**EXERCISE REQUIREMENTS**: Repeat nothing but the lines below running from the one containing "request ≡ other" to the one containing "let (split, number)". Keep both end lines.

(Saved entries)
=====

-- ===== src/Queue/Accepted.antt =====
-- What `_check` of integration/queued_batches.py accepts.
use lean_s.Prelude.{
  ℕ, ◌+◌, ◌*◌, ◌<◌, ◌≡◌, refl, sym, ap, ◌∙◌, Bool, true, List, [], ◌∷◌, ◌++◌, arith, ltb, length,
  length-append, length-drop, take, drop, slice, not, ◌||◌,
}
use lean_s.Error.{ok, ◌>>=◌, >>=-eq-ok, raise_if, runtime_error}
use lean_s.Bytes.{Bytes, IsBytes, equal, byte_at, from_bytes, pack_word}
use lean_s.Bytes.Laws.{eq_of_equal, byte_at-lt}
use lean_s.Queue.Plan.{Piece}
use lean_s.Queue.Wire.{opening, wire_items, wire, check}

-- A list of more than six octets, split around its fifth and sixth.
pub split_six : (r : Bytes) → 6 < length r → r ≡ take 4 r ++ (byte_at r 4 ∷ byte_at r 5 ∷ drop 6 r)
split_six (a ∷ b ∷ c ∷ d ∷ e ∷ f ∷ r) h = refl
split_six [] h = absurd (omega arith)
split_six (a ∷ []) h = absurd (omega arith)
split_six (a ∷ b ∷ []) h = absurd (omega arith)
split_six (a ∷ b ∷ c ∷ []) h = absurd (omega arith)
split_six (a ∷ b ∷ c ∷ d ∷ []) h = absurd (omega arith)
split_six (a ∷ b ∷ c ∷ d ∷ e ∷ []) h = absurd (omega arith)

pub reference_six :
    (r : Bytes) → 6 < length r → from_bytes (slice 4 6 r) ≡ byte_at r 4 * 256 + byte_at r 5
reference_six (a ∷ b ∷ c ∷ d ∷ e ∷ f ∷ r) h = omega arith
reference_six [] h = absurd (omega arith)
reference_six (a ∷ []) h = absurd (omega arith)
reference_six (a ∷ b ∷ []) h = absurd (omega arith)
reference_six (a ∷ b ∷ c ∷ []) h = absurd (omega arith)
reference_six (a ∷ b ∷ c ∷ d ∷ []) h = absurd (omega arith)
reference_six (a ∷ b ∷ c ∷ d ∷ e ∷ []) h = absurd (omega arith)

pack_word-length : (n : ℕ) (w : Bytes) → pack_word n ≡ ok w → length w ≡ 2
pack_word-length n w h = ground arith

wire-long : (batch : List Piece) (write : Bool) (w : Bytes) → wire batch write ≡ ok w → 6 < length w
unfolding wire
wire-long batch write w h =
    let (start, e, h') = >>=-eq-ok (opening write batch) _ h in
    let (items, f, h'') = >>=-eq-ok (wire_items write batch) _ h' in
    let (m, g, h''') = >>=-eq-ok (pack_word (length (start ++ items.0))) _ h'' in
    let (n, k, last) = >>=-eq-ok (pack_word (length items.1)) _ h''' in
    ground (
      arith,
      last,
      pack_word-length (length (start ++ items.0)) m g,
      length-append m (n ++ ((start ++ items.0) ++ items.1)),
    )

pub accepted-agrees :
    (request expected : Bytes) (pdu reference : ℕ)
    → (raise_if
          (ltb pdu (length request)
            || not (equal (take 4 request) (take 4 expected))
            || not (equal (drop 6 request) (drop 6 expected)))
          runtime_error
        >>= λ _. ok (from_bytes (slice 4 6 request)))
      ≡ ok reference
    → (equal (take 4 request) (take 4 expected) ≡ true)
      × (equal (drop 6 request) (drop 6 expected) ≡ true)
      × (from_bytes (slice 4 6 request) ≡ reference)
accepted-agrees request expected pdu reference h = ground arith

accepted-wire :
    (request : Bytes) (batch : List Piece) (pdu reference : ℕ) (write : Bool)
    → check request batch pdu write ≡ ok reference
    → (expected : Bytes) × (wire batch write ≡ ok expected)
unfolding check
accepted-wire request batch pdu reference write h =
    let (expected, e, rest) = >>=-eq-ok (wire batch write) _ h in (expected, e)

check-eq :
    (request expected : Bytes) (batch : List Piece) (pdu : ℕ) (write : Bool)
    → wire batch write ≡ ok expected
    → check request batch pdu write ≡ (
        raise_if
          (ltb pdu (length request)
            || not (equal (take 4 request) (take 4 expected))
            || not (equal (drop 6 request) (drop 6 expected)))
          runtime_error
        >>= λ _. ok (from_bytes (slice 4 6 request)))
unfolding check
check-eq request expected batch pdu write e = rw e refl

accepted-parts :
    (request expected : Bytes) (batch : List Piece) (pdu reference : ℕ) (write : Bool)
    → wire batch write ≡ ok expected
    → check request batch pdu write ≡ ok reference
    → (request ≡ take 4 expected ++ (byte_at request 4 ∷ byte_at request 5 ∷ drop 6 expected))
      × (byte_at request 4 * 256 + byte_at request 5 ≡ reference)
accepted-parts request expected batch pdu reference write e h =
    let (starts, ends, number) =
      accepted-agrees request expected pdu reference
        (sym (check-eq request expected batch pdu write e) ∙ h) in
    let start = eq_of_equal (take 4 request) (take 4 expected) starts in
    let end = eq_of_equal (drop 6 request) (drop 6 expected) ends in
    let long : 6 < length request = omega (
      arith,
      wire-long batch write expected e,
      length-drop 6 request,
      length-drop 6 expected,
      ap length end,
    ) in
    (
      split_six request long
          ∙ ap (λ k. k ++ (byte_at request 4 ∷ byte_at request 5 ∷ drop 6 request)) start
          ∙ ap (λ k. take 4 expected ++ (byte_at request 4 ∷ byte_at request 5 ∷ k)) end,
      sym (reference_six request long) ∙ number,
    )

-- For each batch, PDU length, direction and reference, `_check` accepts one request at most: two
-- sequences of octets that it accepts with one reference are equal.
pub check-injective :
    (request other : Bytes) (batch : List Piece) (pdu reference : ℕ) (write : Bool)
    → IsBytes request
    → IsBytes other
    → check request batch pdu write ≡ ok reference
    → check other batch pdu write ≡ ok reference
    → request ≡ other
check-injective request other batch pdu reference write hr ho h k =
    let (expected, e) = accepted-wire request batch pdu reference write h in
    let (split, number) = accepted-parts request expected batch pdu reference write e h in
    let (split', number') = accepted-parts other expected batch pdu reference write e k in
    let high : byte_at request 4 ≡ byte_at other 4 =
      omega (arith, number, number', byte_at-lt request 5 hr, byte_at-lt other 5 ho) in
    let low : byte_at request 5 ≡ byte_at other 5 =
      omega (arith, number, number', byte_at-lt request 5 hr, byte_at-lt other 5 ho) in
    split
    ∙ ap (λ x. take 4 expected ++ (x ∷ byte_at request 5 ∷ drop 6 expected)) high
    ∙ ap (λ x. take 4 expected ++ (byte_at other 4 ∷ x ∷ drop 6 expected)) low
    ∙ sym split'
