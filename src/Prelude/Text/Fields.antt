-- ===== src/Prelude/Text/Fields.antt =====
-- Fields that a separator ends, and numbers with leading zeros.
use Prim.Native.Nat.{ℕ, zero, suc}
use mathlib.Core.Path.{◌≡◌, refl, ap, sym, ◌∙◌}
use mathlib.Core.Bool.{true, false}
use mathlib.Core.List.{List, [], ◌∷◌, ◌++◌, append_assoc}
use mathlib.Core.Option.{some}
use native.Mathlib.Omega.{arith}
use dolphin_re_mcp.Prelude.Tests.{◌==◌}
use dolphin_re_mcp.Prelude.Lists.{All, reverse_onto}
use dolphin_re_mcp.Prelude.Int.{pos}
use dolphin_re_mcp.Prelude.Text.Chars.{Text, rstrip_char, lstrip_char, reverse_onto_twice}
use dolphin_re_mcp.Prelude.Text.Split.{split_on, Lacks}
use dolphin_re_mcp.Prelude.Text.Number.{
  scan_digits, parse_int, parse_int_hex, hex_nat, scan-hex_nat, IsHexDigit, hex_nat-IsHexDigit,
  digit_value, as_pos,
}

-- Each part with the separator behind it.
abbrev pub terminated : ℕ → List Text → Text
terminated d [] = []
terminated d (p ∷ ps) = p ++ (d ∷ terminated d ps)

-- A part that is not empty and lacks the separator.
abbrev pub IsPart : ℕ → Text → Type 0
IsPart d [] = ⊥
IsPart d (c ∷ s) = Lacks d (c ∷ s)

-- The last character is another one.
abbrev Ends : ℕ → Text → Type 0
Ends d s = (t : Text) × (c : ℕ) × (s ≡ t ++ (c ∷ [])) × ((c == d) ≡ false)

Ends-cons : (d c : ℕ) (s : Text) → Ends d s → Ends d (c ∷ s)
Ends-cons d c s (t, e, same, other) = (c ∷ t, e, ap (λ (x : Text). c ∷ x) same, other)

Ends-append : (d : ℕ) (s t : Text) → Ends d t → Ends d (s ++ t)
Ends-append d [] t h = h
Ends-append d (c ∷ s) t h = Ends-cons d c (s ++ t) (Ends-append d s t h)

IsPart-Ends : (d : ℕ) (s : Text) → IsPart d s → Ends d s
IsPart-Ends d [] h = elim h [ ]
IsPart-Ends d (c ∷ []) h = ([], c, refl, h.0)
IsPart-Ends d (c ∷ e ∷ s) h = Ends-cons d c (e ∷ s) (IsPart-Ends d (e ∷ s) h.1)

-- The parts with the separator between them.
abbrev joined : ℕ → Text → List Text → Text
joined d p [] = p
joined d p (q ∷ ps) = p ++ (d ∷ joined d q ps)

joined-Ends : (d : ℕ) (p : Text) (ps : List Text) → All (IsPart d) (p ∷ ps) → Ends d (joined d p ps)
joined-Ends d p [] h = IsPart-Ends d p h.0
joined-Ends d p (q ∷ ps) h =
    Ends-append d p _ (Ends-cons d d (joined d q ps) (joined-Ends d q ps h.1))

terminated-joined :
    (d : ℕ) (p : Text) (ps : List Text) → terminated d (p ∷ ps) ≡ joined d p ps ++ (d ∷ [])
terminated-joined d p [] = refl
terminated-joined d p (q ∷ ps) =
    ap (λ (x : Text). p ++ (d ∷ x)) (terminated-joined d q ps)
    ∙ sym (append_assoc p (d ∷ joined d q ps) (d ∷ []))

reverse_onto-append : (s t u : Text) → reverse_onto (s ++ t) u ≡ reverse_onto t (reverse_onto s u)
reverse_onto-append [] t u = refl
reverse_onto-append (c ∷ s) t u = reverse_onto-append s t (c ∷ u)

rstrip-last :
    (d c : ℕ) (t : Text)
    → (c == d) ≡ false
    → rstrip_char d ((t ++ (c ∷ [])) ++ (d ∷ [])) ≡ t ++ (c ∷ [])
unfolding rstrip_char lstrip_char
rstrip-last d c t other =
    let self : (d == d) ≡ true = ground arith in
    rw
      (
        reverse_onto-append (t ++ (c ∷ [])) (d ∷ []) [],
        reverse_onto-append t (c ∷ []) [],
        self,
        other,
      )
      (reverse_onto_twice t [] (c ∷ []))

rstrip-Ends : (d : ℕ) (s : Text) → Ends d s → rstrip_char d (s ++ (d ∷ [])) ≡ s
rstrip-Ends d s (t, c, same, other) = rw same (rstrip-last d c t other)

pub split_on-part : (d : ℕ) (p : Text) → Lacks d p → split_on d p ≡ p ∷ []
unfolding split_on
split_on-part d [] h = refl
split_on-part d (c ∷ p) h = ground (arith, split_on-part d p h.1)

pub split_on-append :
    (d : ℕ) (p s : Text) → Lacks d p → split_on d (p ++ (d ∷ s)) ≡ p ∷ split_on d s
unfolding split_on
split_on-append d [] s h = ground arith
split_on-append d (c ∷ p) s h = ground (arith, split_on-append d p s h.1)

pub IsPart-Lacks : (d : ℕ) (p : Text) → IsPart d p → Lacks d p
IsPart-Lacks d [] h = tt
IsPart-Lacks d (c ∷ s) h = h

split_on-joined :
    (d : ℕ) (p : Text) (ps : List Text)
    → All (IsPart d) (p ∷ ps)
    → split_on d (joined d p ps) ≡ p ∷ ps
split_on-joined d p [] h = split_on-part d p (IsPart-Lacks d p h.0)
split_on-joined d p (q ∷ ps) h =
    split_on-append d p (joined d q ps) (IsPart-Lacks d p h.0)
    ∙ ap (λ (x : List Text). p ∷ x) (split_on-joined d q ps h.1)

-- Stripped of its last separator, the text is split into the parts.
pub split-terminated :
    (d : ℕ) (p : Text) (ps : List Text)
    → All (IsPart d) (p ∷ ps)
    → split_on d (rstrip_char d (terminated d (p ∷ ps))) ≡ p ∷ ps
split-terminated d p ps h =
    rw (terminated-joined d p ps, rstrip-Ends d (joined d p ps) (joined-Ends d p ps h))
      (split_on-joined d p ps h)

-- `f"{n:0{w}x}"`, with the zeros counted.
abbrev pub padded_hex : ℕ → ℕ → Text
padded_hex zero n = hex_nat n
padded_hex (suc z) n = b'0' ∷ padded_hex z n

pub padded_hex-IsHexDigit : (z n : ℕ) → All IsHexDigit (padded_hex z n)
unfolding digit_value
padded_hex-IsHexDigit zero n = hex_nat-IsHexDigit n
padded_hex-IsHexDigit (suc z) n = (ground arith, padded_hex-IsHexDigit z n)

-- A digit may follow a digit.
scan-later :
    (s : Text) (n : ℕ) → scan_digits 16 s 0 false ≡ some n → scan_digits 16 s 0 true ≡ some n
unfolding scan_digits
scan-later [] n h = ground arith
scan-later (c ∷ s) n h = ground arith

scan-padded_hex : (z n : ℕ) → scan_digits 16 (padded_hex z n) 0 false ≡ some n
unfolding scan_digits digit_value
scan-padded_hex zero n = scan-hex_nat n
scan-padded_hex (suc z) n = ground (arith, scan-later (padded_hex z n) n (scan-padded_hex z n))

pub parse_int-padded_hex : (z n : ℕ) → parse_int 16 (padded_hex z n) ≡ some (pos n)
parse_int-padded_hex z n =
    parse_int_hex (padded_hex z n) (padded_hex-IsHexDigit z n) ∙ ap as_pos (scan-padded_hex z n)
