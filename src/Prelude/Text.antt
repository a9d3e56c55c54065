-- ===== src/Prelude/Text.antt =====
-- Python's `str` as a list of code points, `bytes` as a list of numbers below 256, and the methods
-- of both that the program calls. White space, case and digits are those of ASCII.
mod Chars
mod Split
mod Number
mod Hex
mod Fields
mod Format
unfoldable pub use Chars.*
unfoldable pub use Split.*
unfoldable pub use Number.*
unfoldable pub use Hex.*
unfoldable pub use Format.*
unfoldable pub use Fields.*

=====

**TASK OUTPUT**:
    → request ≡ other
check-injective request other batch pdu reference write hr ho h k =
    let (expected, e) = accepted-wire request batch pdu reference write h in
    let (split, number) = accepted-parts request expected batch pdu reference write e h in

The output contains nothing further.